◆ TASK TO CARRY OUT
Take every line from the listing below that includes "plan" and copy it.
+---+
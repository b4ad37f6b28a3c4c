-- ===== src/Gateway/Placement/Stable.antt =====
-- Planning again from the plan's own placement moves no listener.
use ingress_nginx_gateway_br.Common.{
  ℕ, ◌+◌, ◌≤◌, ◌≡◌, refl, ap, ◌∙◌, inl, inr, false, Option, none, some, List, [], ◌∷◌, Memᴰ,
  nat_beq, if◌then◌else◌, arith, lookup, Bool-cases, contains, IsNodup, total,
}
use ingress_nginx_gateway_br.Text.{Text, text_key, text_eq, text_eq_iff}
use ingress_nginx_gateway_br.Gateway.{
  ListenerPlacement, Placements, ProjectedListener, ManagedGatewayOptions,
}
use ingress_nginx_gateway_br.Gateway.Placement.{place_listeners, previous_index, previous_placement}
use ingress_nginx_gateway_br.Gateway.Placement.Capacity.{
  count_at, room_at, place_listeners-capacity,
}
use ingress_nginx_gateway_br.Gateway.Placement.Sticky.{wants, demand, place_listeners-sticky}

abbrev pub hostnames : List ProjectedListener → List Text
hostnames [] = []
hostnames (l ∷ ls) = l.hostname ∷ hostnames ls

-- How many of the listeners stand at parent `i` in a placement.
standing : ℕ → List (Text × ℕ) → List ProjectedListener → ℕ
standing i placed [] = 0
standing i placed (l ∷ ls) = wants i (lookup l.hostname placed) + standing i placed ls

standing-nil : (i : ℕ) (ls : List ProjectedListener) → standing i [] ls ≡ 0
unfolding standing lookup
standing-nil i [] = refl
standing-nil i (l ∷ ls) = omega (arith, standing-nil i ls)

standing-cons_absent :
    (i : ℕ) (k : Text) (j : ℕ) (m : List (Text × ℕ)) (ls : List ProjectedListener)
    → contains k (hostnames ls) ≡ false
    → standing i ((k, j) ∷ m) ls ≡ standing i m ls
unfolding standing lookup contains
standing-cons_absent i k j m [] h = refl
standing-cons_absent i k j m (l ∷ ls) h =
    ground
      (arith, standing-cons_absent i k j m ls, text_eq_iff k l.hostname, text_eq_iff l.hostname k)

standing-cons_le :
    (i : ℕ) (k : Text) (j : ℕ) (m : List (Text × ℕ)) (ls : List ProjectedListener)
    → IsNodup (hostnames ls)
    → standing i ((k, j) ∷ m) ls ≤ (if nat_beq j i then 1 else 0) + standing i m ls
unfolding standing lookup
standing-cons_le i k j m [] h = omega arith
standing-cons_le i k j m (l ∷ ls) h = elim (Bool-cases (text_eq k l.hostname)) [
  | inl same ↦
      let e = (text_eq_iff k l.hostname).0 same in
      let rest = standing-cons_absent i k j m ls (rw e h.0) in
      let here : lookup l.hostname ((k, j) ∷ m) ≡ some j = rw (same, lookup) in
      rw (here, rest) (omega arith)
  | inr other ↦
      let here : lookup l.hostname ((k, j) ∷ m) ≡ lookup l.hostname m = rw (other, lookup) in
      rw here (omega (arith, standing-cons_le i k j m ls h.1))
]

-- Distinct hostnames take no entry twice.
standing_le :
    (i : ℕ) (m : List (Text × ℕ)) (ls : List ProjectedListener)
    → IsNodup (hostnames ls)
    → standing i m ls ≤ count_at i m
unfolding count_at
standing_le i [] ls h = omega (arith, standing-nil i ls)
standing_le i ((k, j) ∷ m) ls h = omega (arith, standing-cons_le i k j m ls h, standing_le i m ls h)

-- The previous placement holds the parents that a plan gave.
abbrev pub Agrees : Placements → List (Text × ℕ) → Type 0
Agrees current placed = (h : Text) → previous_index current h ≡ lookup h placed

demand-standing :
    (i : ℕ) (current : Placements) (placed : List (Text × ℕ)) (ls : List ProjectedListener)
    → Agrees current placed
    → demand i current ls ≡ standing i placed ls
unfolding demand total standing previous_placement
demand-standing i current placed [] h = refl
demand-standing i current placed (l ∷ ls) h =
    let e = ap (wants i) (h l.hostname) in omega (arith, e, demand-standing i current placed ls h)

index_of : Option ListenerPlacement → Option ℕ
index_of o = elim o [ some p ↦ some p.listener_set | none ↦ none ]

index_of-some :
    (o : Option ListenerPlacement) (idx : ℕ)
    → index_of o ≡ some idx
    → (p : ListenerPlacement) × (o ≡ some p) × (p.listener_set ≡ idx)
unfolding index_of
index_of-some none idx e = cc
index_of-some (some p) idx e = (p, refl, cc)

found_previous :
    (current : Placements) (h : Text) (idx : ℕ)
    → previous_index current h ≡ some idx
    → (p : ListenerPlacement) × (lookup h current ≡ some p) × (p.listener_set ≡ idx)
unfolding index_of
found_previous current h idx e = index_of-some (lookup h current) idx e

demand_le :
    (listeners : List ProjectedListener) (options again : ManagedGatewayOptions)
    → IsNodup (hostnames listeners)
    → again.listener_set_overflow ≡ options.listener_set_overflow
    → Agrees again.current_placements (place_listeners listeners options).0
    → (i : ℕ) → demand i again.current_placements listeners ≤ room_at again.listener_set_overflow i
demand_le listeners options again distinct same agrees i =
    rw (same, demand-standing i again.current_placements _ listeners agrees)
      (omega (
        arith,
        standing_le i (place_listeners listeners options).0 listeners distinct,
        place_listeners-capacity listeners options i,
      ))

-- Planning the same listeners again, from the placement that the last plan gave and under the same
-- ListenerSet setting, leaves every placed listener at its parent. The hostnames are distinct.
pub place_listeners-stable :
    (listeners : List ProjectedListener) (options again : ManagedGatewayOptions)
    (l : ProjectedListener) (idx : ℕ)
    → IsNodup (hostnames listeners)
    → again.listener_set_overflow ≡ options.listener_set_overflow
    → Agrees again.current_placements (place_listeners listeners options).0
    → Memᴰ l listeners
    → lookup l.hostname (place_listeners listeners options).0 ≡ some idx
    → lookup l.hostname (place_listeners listeners again).0 ≡ some idx
place_listeners-stable listeners options again l idx distinct same agrees member found =
    let (p, known, at) =
      found_previous again.current_placements l.hostname idx (agrees l.hostname ∙ found) in
    place_listeners-sticky listeners again l p
      (demand_le listeners options again distinct same agrees) member known
    ∙ ap some at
+---+
◆ OUTPUT FOR THIS TASK
-- Planning again from the plan's own placement moves no listener.
-- The previous placement holds the parents that a plan gave.
-- Planning the same listeners again, from the placement that the last plan gave and under the same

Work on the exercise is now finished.